# Bringing Puppy Home Tomorrow- need advice



## Riggins (Oct 1, 2010)

Hello everyone! So, tomorrow is my puppy arival day; i'm picking Riggins up in the morning and have taken 6 days off of work to get him assimliated to his new life as much as possible up front. I wanted to ask for some advice from owners who have been thru this before. If you have any tips for the first week I'd greatly appreciate it. 

Thank you


----------



## Rokko (Sep 29, 2010)

Congratulations! I have a 9 week old that I have had for three weeks, so everything is still pretty fresh in my mind.

First and foremost, go to bed early tonight. If your puppy is like my Rokko, you will be up a couple of times at night and you will be missing a good night's rest and looking forward to your next cat nap.

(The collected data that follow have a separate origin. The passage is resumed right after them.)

-- ===== src/Semaphore.antt =====
-- The fake semaphores of cpputest-for-freertos-lib/src/cpputest_for_freertos_semaphore.cpp: queues
-- of empty messages.
--
-- semphr.h and queue.h of the FreeRTOS kernel, which are not part of the repository, define
-- `xSemaphoreGive`, `uxSemaphoreGetCount` and `xQueueCreate` as macros. They are the parameter
-- `Macros`; FreeRTOS documents which function each of them calls.
pub mod Inv
pub mod Counter
pub mod Create
pub mod Dummy
pub mod Binary
use cpputest_for_freertos.World.{
  ◌>>=◌, ◌>>◌, Ptr, M, pure, u8, World, config_assert, deref, null, base,
}
use cpputest_for_freertos.Base.{ℕ, if◌then◌else◌, suc, ◌≡◌, not, none, zero}
use cpputest_for_freertos.Queue.{
  BaseType, is_null, x_queue_generic_send, is_recursive_mutex, send_to_back,
  internal_queue_receive_dummy, ux_queue_messages_waiting, x_queue_generic_create,
}

pub record Macros : Type 0 where
  pub x_semaphore_give : Ptr → M BaseType
  pub ux_semaphore_get_count : Ptr → M ℕ
  pub x_queue_create : (fresh : Ptr) → ℕ → ℕ → M Ptr
  pub give_calls :
      (p : Ptr) (w : World) → x_semaphore_give p w ≡ x_queue_generic_send p none send_to_back w
  pub count_calls :
      (p : Ptr) (w : World) → ux_semaphore_get_count p w ≡ ux_queue_messages_waiting p w
  pub create_calls :
      (fresh n size : ℕ) (w : World)
      → x_queue_create fresh n size w ≡ x_queue_generic_create fresh n size base w

unfoldable pub x_queue_semaphore_take : Ptr → M BaseType
x_queue_semaphore_take queue = do
  config_assert 36 (not (is_null queue))
  q ← deref queue
  config_assert 37 (not (is_recursive_mutex q.queue_type))
  (result, dummy) ← internal_queue_receive_dummy queue
  pure result

module _ (macros : Macros) where
  open macros use {x_semaphore_give, x_queue_create}

  unfoldable pub x_queue_give_from_isr : Ptr → M BaseType
  x_queue_give_from_isr queue = do
    config_assert 46 (not (is_null queue))
    q ← deref queue
    config_assert 47 (not (is_recursive_mutex q.queue_type))
    x_semaphore_give queue

  -- `for (int i = 0; i < initialCount; ++i)`, with the rounds that are left.
  unfoldable pub give_times : ℕ → Ptr → M (Unit {0})
  give_times zero sema = pure tt
  give_times (suc n) sema = x_semaphore_give sema >> give_times n sema

  unfoldable pub x_queue_create_counting_semaphore : (fresh : Ptr) → ℕ → ℕ → M Ptr
  unfolding give_times
  x_queue_create_counting_semaphore fresh max_count initial_count = do
    sema ← x_queue_create fresh (u8 max_count) 0
    if is_null sema then pure null else do give_times (u8 initial_count) sema; pure sema
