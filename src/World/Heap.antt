-- ===== src/World/Heap.antt =====
-- The laws of the heap of the objects of
-- cpputest-for-freertos-lib/src/cpputest_for_freertos_fake_queue.hpp.
use cpputest_for_freertos.Base.{
  ◌+◌, ◌≤◌, ◌≡◌, ◌≢◌, refl, inl, inr, none, some, [], ◌∷◌, arith, ◌==◌, if◌then◌else◌, Bool-cases,
}
use mathlib.Core.Path.{subst₂}
use cpputest_for_freertos.World.{Ptr, FakeQueue, Heap, lookup, insert, erase, spaces, total_spaces}

pub lookup-insert :
    (j p : Ptr) (q : FakeQueue) (h : Heap)
    → lookup j (insert p q h) ≡ (if p == j then some q else lookup j h)
unfolding lookup insert
lookup-insert j p q [] = refl
lookup-insert j p q ((k, r) ∷ h) = ground (arith, lookup-insert j p q h)

pub lookup-insert_self : (p : Ptr) (q : FakeQueue) (h : Heap) → lookup p (insert p q h) ≡ some q
lookup-insert_self p q h = ground (arith, lookup-insert p p q h)

pub lookup-insert_ne :
    (j p : Ptr) (q : FakeQueue) (h : Heap) → p ≢ j → lookup j (insert p q h) ≡ lookup j h
lookup-insert_ne j p q h n = ground (arith, lookup-insert j p q h)

pub insert-insert :
    (p : Ptr) (q r : FakeQueue) (h : Heap) → insert p r (insert p q h) ≡ insert p r h
unfolding insert
insert-insert p q r [] = ground arith
insert-insert p q r ((k, s) ∷ h) = ground (arith, insert-insert p q r h)

pub lookup-erase :
    (j p : Ptr) (h : Heap) → lookup j (erase p h) ≡ (if p == j then none else lookup j h)
unfolding lookup erase
lookup-erase j p [] = ground arith
lookup-erase j p ((k, r) ∷ h) = ground (arith, lookup-erase j p h)

pub lookup-erase_self : (p : Ptr) (h : Heap) → lookup p (erase p h) ≡ none
lookup-erase_self p h = ground (arith, lookup-erase p p h)

-- A property of every object on the heap.
abbrev pub AllHeap : (Ptr → FakeQueue → Type 0) → Heap → Type 0
AllHeap P h = (p : Ptr) (q : FakeQueue) → lookup p h ≡ some q → P p q

module _ (P : Ptr → FakeQueue → Type 0) where
  pub AllHeap-insert :
      (p : Ptr) (q : FakeQueue) (h : Heap) → P p q → AllHeap P h → AllHeap P (insert p q h)
  AllHeap-insert p q h x a j r e = elim (Bool-cases (p == j)) [
    | inl same ↦
        let here : p ≡ j = ground arith in
        let it : q ≡ r = ground (arith, lookup-insert j p q h) in subst₂ P here it x
    | inr other ↦ a j r (ground (arith, lookup-insert j p q h))
  ]

  pub AllHeap-erase : (p : Ptr) (h : Heap) → AllHeap P h → AllHeap P (erase p h)
  AllHeap-erase p h a j r e = a j r (ground (arith, lookup-erase j p h))

-- The space left after a queue has taken a new value.
pub total_spaces-insert :
    (p : Ptr) (q r : FakeQueue) (h : Heap)
    → lookup p h ≡ some r
    → total_spaces (insert p q h) + spaces r ≡ total_spaces h + spaces q
unfolding lookup insert total_spaces
total_spaces-insert p q r [] e = absurd (ground arith)
total_spaces-insert p q r ((k, s) ∷ h) e = elim (Bool-cases (k == p)) [
  | inl same ↦ rw same (let it : s ≡ r = ground arith in rw it (omega arith))
  | inr other ↦ rw other (omega (arith, total_spaces-insert p q r h (ground arith)))
]

pub spaces-le_total :
    (p : Ptr) (r : FakeQueue) (h : Heap) → lookup p h ≡ some r → spaces r ≤ total_spaces h
unfolding lookup total_spaces
spaces-le_total p r [] e = absurd (ground arith)
spaces-le_total p r ((k, s) ∷ h) e = elim (Bool-cases (k == p)) [
  | inl same ↦ let it : s ≡ r = ground arith in rw it (omega arith)
  | inr other ↦ omega (arith, spaces-le_total p r h (ground arith))
]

Make sure you have all your supplies before you pick up your pup, go straight home after you pick him up and introduce your puppy only to members of the household for the first day. Rope toys are really good for young pups. Save the harder chew toys for when their adult teeth are coming in. 

We are still working on potty training, if you are going to be away for more than 3 hours at a time, get the puppy used to training pads. It makes cleanup a lot easier. My puppy is not quite old enough to last until I return for lunch, so I have his crate inside an exercise pen. This way he is able to wander into and out of his crate (and get used to it) while you don't have to worry about him soiling in his crate while you are gone, a huge No-No! I also control the timing of when he eats so I could better predict bowel movements to help with potty training. Rokko eats three times a day.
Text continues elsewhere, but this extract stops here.